◆ **Task to carry out**:
Give only the number of lines in the data that include the string "plus".
------------------------------------------------------------
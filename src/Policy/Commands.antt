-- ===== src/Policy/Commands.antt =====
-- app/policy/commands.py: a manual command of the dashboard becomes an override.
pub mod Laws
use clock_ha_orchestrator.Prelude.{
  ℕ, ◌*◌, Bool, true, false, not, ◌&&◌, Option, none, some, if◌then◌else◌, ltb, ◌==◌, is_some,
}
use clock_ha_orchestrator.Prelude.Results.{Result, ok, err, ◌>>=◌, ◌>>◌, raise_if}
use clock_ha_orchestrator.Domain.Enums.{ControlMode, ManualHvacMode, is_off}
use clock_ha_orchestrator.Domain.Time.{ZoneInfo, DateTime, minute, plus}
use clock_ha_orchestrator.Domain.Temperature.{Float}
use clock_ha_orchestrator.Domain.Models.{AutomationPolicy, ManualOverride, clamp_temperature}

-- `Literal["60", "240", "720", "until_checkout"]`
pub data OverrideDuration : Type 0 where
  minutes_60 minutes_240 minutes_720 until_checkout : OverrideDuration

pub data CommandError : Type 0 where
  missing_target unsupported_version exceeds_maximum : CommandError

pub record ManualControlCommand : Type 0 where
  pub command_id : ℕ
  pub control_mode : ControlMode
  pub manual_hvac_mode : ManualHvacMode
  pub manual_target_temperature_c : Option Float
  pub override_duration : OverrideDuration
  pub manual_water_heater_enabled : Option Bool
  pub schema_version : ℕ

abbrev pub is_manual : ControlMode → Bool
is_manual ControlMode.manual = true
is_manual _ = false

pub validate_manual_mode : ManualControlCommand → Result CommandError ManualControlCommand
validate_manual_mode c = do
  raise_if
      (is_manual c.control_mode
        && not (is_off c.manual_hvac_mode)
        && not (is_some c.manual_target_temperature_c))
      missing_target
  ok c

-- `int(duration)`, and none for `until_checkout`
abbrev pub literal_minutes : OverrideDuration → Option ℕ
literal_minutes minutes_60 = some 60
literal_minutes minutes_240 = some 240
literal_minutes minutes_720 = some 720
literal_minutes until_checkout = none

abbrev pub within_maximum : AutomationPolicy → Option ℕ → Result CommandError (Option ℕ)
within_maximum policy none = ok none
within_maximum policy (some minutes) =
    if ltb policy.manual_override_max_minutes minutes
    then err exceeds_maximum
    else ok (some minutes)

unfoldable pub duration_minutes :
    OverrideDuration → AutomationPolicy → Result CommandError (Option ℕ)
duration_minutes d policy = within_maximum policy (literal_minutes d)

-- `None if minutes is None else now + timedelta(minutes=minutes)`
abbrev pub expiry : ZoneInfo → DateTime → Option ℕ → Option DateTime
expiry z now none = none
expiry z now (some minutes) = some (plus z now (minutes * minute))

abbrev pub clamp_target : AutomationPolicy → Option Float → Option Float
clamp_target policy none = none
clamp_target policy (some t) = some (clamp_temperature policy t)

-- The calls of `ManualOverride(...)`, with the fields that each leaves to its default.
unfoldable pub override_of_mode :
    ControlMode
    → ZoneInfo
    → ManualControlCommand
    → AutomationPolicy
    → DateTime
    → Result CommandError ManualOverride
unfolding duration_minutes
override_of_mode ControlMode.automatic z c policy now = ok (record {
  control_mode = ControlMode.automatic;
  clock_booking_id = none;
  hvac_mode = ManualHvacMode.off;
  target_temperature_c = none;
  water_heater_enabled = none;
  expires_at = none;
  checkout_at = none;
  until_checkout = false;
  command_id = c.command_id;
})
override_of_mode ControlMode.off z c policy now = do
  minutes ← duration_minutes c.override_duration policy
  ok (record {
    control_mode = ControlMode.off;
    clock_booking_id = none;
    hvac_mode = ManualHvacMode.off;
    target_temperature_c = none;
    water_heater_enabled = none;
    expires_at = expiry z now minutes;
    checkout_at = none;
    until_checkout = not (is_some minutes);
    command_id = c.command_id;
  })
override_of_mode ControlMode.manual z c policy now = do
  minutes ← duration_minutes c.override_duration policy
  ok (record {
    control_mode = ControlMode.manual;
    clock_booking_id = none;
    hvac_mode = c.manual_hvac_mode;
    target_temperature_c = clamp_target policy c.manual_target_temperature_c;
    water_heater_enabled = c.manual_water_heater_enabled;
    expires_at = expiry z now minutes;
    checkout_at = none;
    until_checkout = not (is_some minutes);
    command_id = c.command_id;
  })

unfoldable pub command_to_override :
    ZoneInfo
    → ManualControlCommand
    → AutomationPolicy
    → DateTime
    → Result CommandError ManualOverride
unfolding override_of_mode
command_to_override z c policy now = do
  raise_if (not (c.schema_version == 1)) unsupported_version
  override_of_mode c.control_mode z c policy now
------------------------------------------------------------
◆ **Expected answer**:
2